Pertanyaan berikutnya adalah mereka itu memaknai perayaan maulid Kanjeng Nabi Muhammad Rosulillah SAW itu apa? Tampaknya, mereka yang tidak suka dan yang suka dengan perayaan maulid Kanjeng Nabi Muhammad Rosulillah SAW berbeda pemahaman dan pensikapan. Mereka yang tidak suka terhadap perayaan maulid Kanjeng Nabi Muhammad Rosulillah SAW membayangkan secara “tekstual” bahwa dulu pada zaman Nabi masih hidup tidak ada perayaan maulid. Sehingga suatu perbuatan yang tidak ada pada zaman Nabi maka dikatakan bidengah.
Sebaliknya, mereka yang suka perayaan maulid Kanjeng Nabi Muhammad Rosulillah SAW memaknai perayaan itu dengan makna “ekspresi cinta dan rindu” kepada Kanjeng Nabi Muhammad Rosulillah SAW walau pun tidak pernah bertemu dengan kekasih Alloh SWT ini.
Nah, dari perbedaan pemaknaan dan pemahaman ini harus dikomunikasikan satu sama lain. Sehingga mereka yang tidak suka kepada perayaan maulid Kanjeng Nabi Muhammad Rosulillah SAW paham dan mau memahami bahwa makna perayaan maulid bukan seperti yang dibayangkan yaitu sebuah perbuatan yang “asing” pada zaman Nabi sehingga pantas dilebeli bidengah. Akan tetapi harus dipahamkan bahwa perayaan maulid Kanjeng Nabi Muhammad Rosulillah SAW adalah sebuah ekspresi cinta dan rindu.
Pada zaman sahabat ketika itu begitu cinta dan rindunya kepada Kanjeng Nabi Muhammad Rosulillah SAW diekspresikan dengan cara bertabarruk melalui rambut, sisa air wudhu, keringat, cangkir, jubah Rosulullah SAW. Bahkan betapa para sahabat ketika akan wafat begitu bahagia karena akan segera bertemu dengan kekasih hatinya yang sangat dirindu yaitu Kanjeng Nabi Muhammad Rosulillah SAW.
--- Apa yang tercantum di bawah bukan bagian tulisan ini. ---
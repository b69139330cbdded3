-- ===== src/Interface/Working.antt =====
-- The state at which an epoch can end, and the parts of a call of src/Escort.cpp.
use escort.Prelude.{
  ℕ, suc, ◌+◌, ◌-◌, ◌%◌, ◌≤◌, ◌<◌, ◌≡◌, ◌≢◌, ◌⊎◌, refl, sym, ap, ◌∙◌, subst, inl, inr, Bool, true,
  false, List, [], ◌∷◌, if◌then◌else◌, update, count, length, Bool-cases, ==_iff, arith,
}
use escort.Address.{cache_line_size, dram_base, num_lines, line_addr}
use escort.Bitmap.{is_set}
use escort.Plog.{Memory}
use escort.World.{World, curr_of}
use escort.RedoLog.{RedoLogs}
use escort.Userthread.Mark.{byte_line}
use escort.Snapshot.{nvm_addr}
use escort.Snapshot.Update.{Boundary}
use escort.Snapshot.Visits.{visits, Registered}
use escort.Interface.{set_byte, assign}
use escort.Interface.Regions.{
  listed_too, visits_keep, visits_gain, length-visits, listed_too-Registered,
}
use escort.Interface.Marks.{MarkedAlone}

-- A store changes no line but those of its bytes.
assign_elsewhere :
    (marked : ℕ → Bool) (bs : List ℕ) (addr : ℕ) (dram : Memory) (l : ℕ)
    → dram_base ≤ addr
    → ((a : ℕ) → addr ≤ a → a < addr + length bs → marked (byte_line a) ≡ true)
    → marked l ≡ false
    → assign addr bs dram (line_addr l) ≡ dram (line_addr l)
assign_elsewhere marked [] addr dram l low all other = refl
assign_elsewhere marked (b ∷ bs) addr dram l low all other =
    assign_elsewhere marked bs (suc addr)
      (update dram line (set_byte (addr % cache_line_size) b (dram line))) l (omega arith)
      (λ a from to. all a (omega arith) (omega arith)) other
    ∙ apart
  where
    line : ℕ
    line = addr - addr % cache_line_size

    differs : byte_line addr ≢ l
    differs h = absurd (ground (arith, h, all addr (omega arith) (omega arith)))

    apart :
        update dram line (set_byte (addr % cache_line_size) b (dram line)) (line_addr l)
        ≡ dram (line_addr l)
    apart = ground (arith, differs, ==_iff line (line_addr l))

module _ (L : RedoLogs) (offset : ℕ) (ctxs : List ℕ) (c : Bool) where
  open L use {State}

  -- A state at which the epoch can end, with the threads within operations.
  pub record Working (inside : ℕ → Bool) (w : World State) : Type 0 where
    pub boundary : Boundary L offset ctxs c w (visits c ctxs w.addrlist)
    pub registered : Registered c ctxs w.addrlist
    pub started : w.global_epoch ≢ 0
    pub parity : curr_of w.global_epoch ≡ c
    pub threads : (i : ℕ) → w.thread_epoch i ≡ (if inside i then w.global_epoch else 0)

  -- What a run of calls leaves as it was.
  pub record Worked (inside : ℕ → Bool) (lines : ℕ) (w w' : World State) : Type 0 where
    pub working : Working inside w'
    pub same_nvm : w'.nvm ≡ w.nvm
    pub same_logs : w'.logs ≡ w.logs
    pub same_epoch : w'.global_epoch ≡ w.global_epoch
    pub visited : length (visits c ctxs w'.addrlist) ≤ length (visits c ctxs w.addrlist) + lines

  module _ (inside : ℕ → Bool) (w : World State) (v : Working inside w) where
    -- `begin_op` and `end_op` move one thread's epoch.
    pub moved-Working :
        (i : ℕ) (b : Bool) (e : ℕ)
        → e ≡ (if b then w.global_epoch else 0)
        → Worked (update inside i b) 0 w (record w { thread_epoch = update w.thread_epoch i e })
    moved-Working i b e h = record {
      working = record {
        boundary = record {
          valid = v.boundary.valid;
          idle = v.boundary.idle;
          empty = v.boundary.empty;
          clean = v.boundary.clean;
          planned = v.boundary.planned;
        };
        registered = v.registered;
        started = v.started;
        parity = v.parity;
        threads = λ j. ground (arith, v.threads j);
      };
      same_nvm = refl;
      same_logs = refl;
      same_epoch = refl;
      visited = omega arith;
    }

    pub inside_epoch : (i : ℕ) → inside i ≡ true → w.thread_epoch i ≡ w.global_epoch
    inside_epoch i h = ground (arith, v.threads i)

    -- The region of a `mark` that copies nothing.
    pub marked-Worked :
        (i l n : ℕ) (w₁ : World State)
        → 0 < count i ctxs
        → l + n ≤ num_lines
        → MarkedAlone L i c l n w w₁
        → Worked inside n w w₁
    marked-Worked i l n w₁ member fits m = record {
      working = record {
        boundary = record {
          valid = subst L.Valid (sym m.same_logs) v.boundary.valid;
          idle = m.others;
          empty = λ k h. ap (L.contents k) m.same_logs ∙ v.boundary.empty k h;
          clean = λ x b clear.
              ap (λ f. f (nvm_addr offset x)) m.same_nvm
              ∙ v.boundary.clean x b (ground (arith, m.bits x))
              ∙ sym (ap (λ f. f (line_addr x)) m.same_dram);
          planned = λ x b. planned x b (m.lists);
        };
        registered = elim m.lists [
          | inl (same, bits) ↦ subst (Registered c ctxs) (sym same) v.registered
          | inr more ↦
              subst (Registered c ctxs) (sym more)
                (listed_too-Registered c w.addrlist i l n ctxs fits v.registered)
        ];
        started = subst (λ e. e ≢ 0) (sym m.same_epoch) v.started;
        parity = ap curr_of m.same_epoch ∙ v.parity;
        threads = λ j.
            ap (λ f. f j) m.same_threads
            ∙ v.threads j
            ∙ ap (λ e. if inside j then e else 0) (sym m.same_epoch);
      };
      same_nvm = m.same_nvm;
      same_logs = m.same_logs;
      same_epoch = m.same_epoch;
      visited = elim m.lists [
        | inl (same, bits) ↦ omega (arith, ap (λ t. length (visits c ctxs t)) same)
        | inr more ↦ omega (
          arith,
          ap (λ t. length (visits c ctxs t)) more,
          length-visits c w.addrlist i l n ctxs v.registered,
        )
      ];
    }
      where
        planned :
            (x : ℕ)
            → is_set (w₁.bitmap c) x ≡ true
            → ((w₁.addrlist ≡ w.addrlist)
                × ((y : ℕ) → is_set (w₁.bitmap c) y ≡ is_set (w.bitmap c) y))
              ⊎ (w₁.addrlist ≡ listed_too i c (line_addr l, n) w.addrlist)
            → 0 < count x (visits c ctxs w₁.addrlist)
        planned x b (inl (same, bits)) =
            subst (λ t. 0 < count x (visits c ctxs t)) (sym same)
              (v.boundary.planned x (sym (bits x) ∙ b))
        planned x b (inr more) =
            subst (λ t. 0 < count x (visits c ctxs t)) (sym more)
              (elim (Bool-cases (is_set (w.bitmap c) x)) [
                | inl old ↦
                    omega (arith, v.boundary.planned x old, visits_keep c w.addrlist i l n x ctxs)
                | inr new ↦
                    visits_gain c w.addrlist i l n x ctxs member (ground (arith, m.bits x))
                      (ground (arith, m.bits x))
              ])

  -- A store to marked lines.
  pub stored-Worked :
      (inside : ℕ → Bool) (lines addr : ℕ) (val : List ℕ) (w w₁ : World State)
      → dram_base ≤ addr
      → ((a : ℕ) → addr ≤ a → a < addr + length val → is_set (w₁.bitmap c) (byte_line a) ≡ true)
      → Worked inside lines w w₁
      → Worked inside lines w (record w₁ { dram = assign addr val w₁.dram })
  stored-Worked inside lines addr val w w₁ low all r =
      let b = r.working.boundary in
      record {
        working = record {
          boundary = record {
            valid = b.valid;
            idle = b.idle;
            empty = b.empty;
            clean = λ x h clear.
                b.clean x h clear
                ∙ sym (assign_elsewhere (is_set (w₁.bitmap c)) val addr w₁.dram x low all clear);
            planned = b.planned;
          };
          registered = r.working.registered;
          started = r.working.started;
          parity = r.working.parity;
          threads = r.working.threads;
        };
        same_nvm = r.same_nvm;
        same_logs = r.same_logs;
        same_epoch = r.same_epoch;
        visited = r.visited;
      }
Cinta kasih dan rindu tersebut “diwarisi” oleh kaum muslimin sekarang yang masanya begitu jauh dengan kekasih hatinya yaitu Kanjeng Nabi Muhammad Rosulillah SAW melalui ekspresi barzanjinan, diba’an, burdahan dan lainnya.
Metamorfosis cinta kasih dan rindu ini memang banyak yang salah memahami. Bahkan kurang bisa membedakan rasa cinta kasih rindu yang bertemu langsung dengan kekasih hatinya dan yang jarak waktunya jauh sekali dengan kekasihnya.
Siapa pun yang melarang bahkan membidengahkan perasaan suka cinta dan rindu kepada Kanjeng Nabi Muhammad Rosulillah SAW pada moment bulan maulid Kanjeng Nabi Muhammad Rosulillah SAW maka hatinya tidak selembut daun sutra.
Marilah kita rayakan bersama maulid Kanjeng Nabi Muhammad Rosulillah SAW dengan bersuka ria bahagia. Sebagai tanda bahwa kita begitu cinta dan rindu kepada Kanjeng Nabi Muhammad Rosulillah SAW.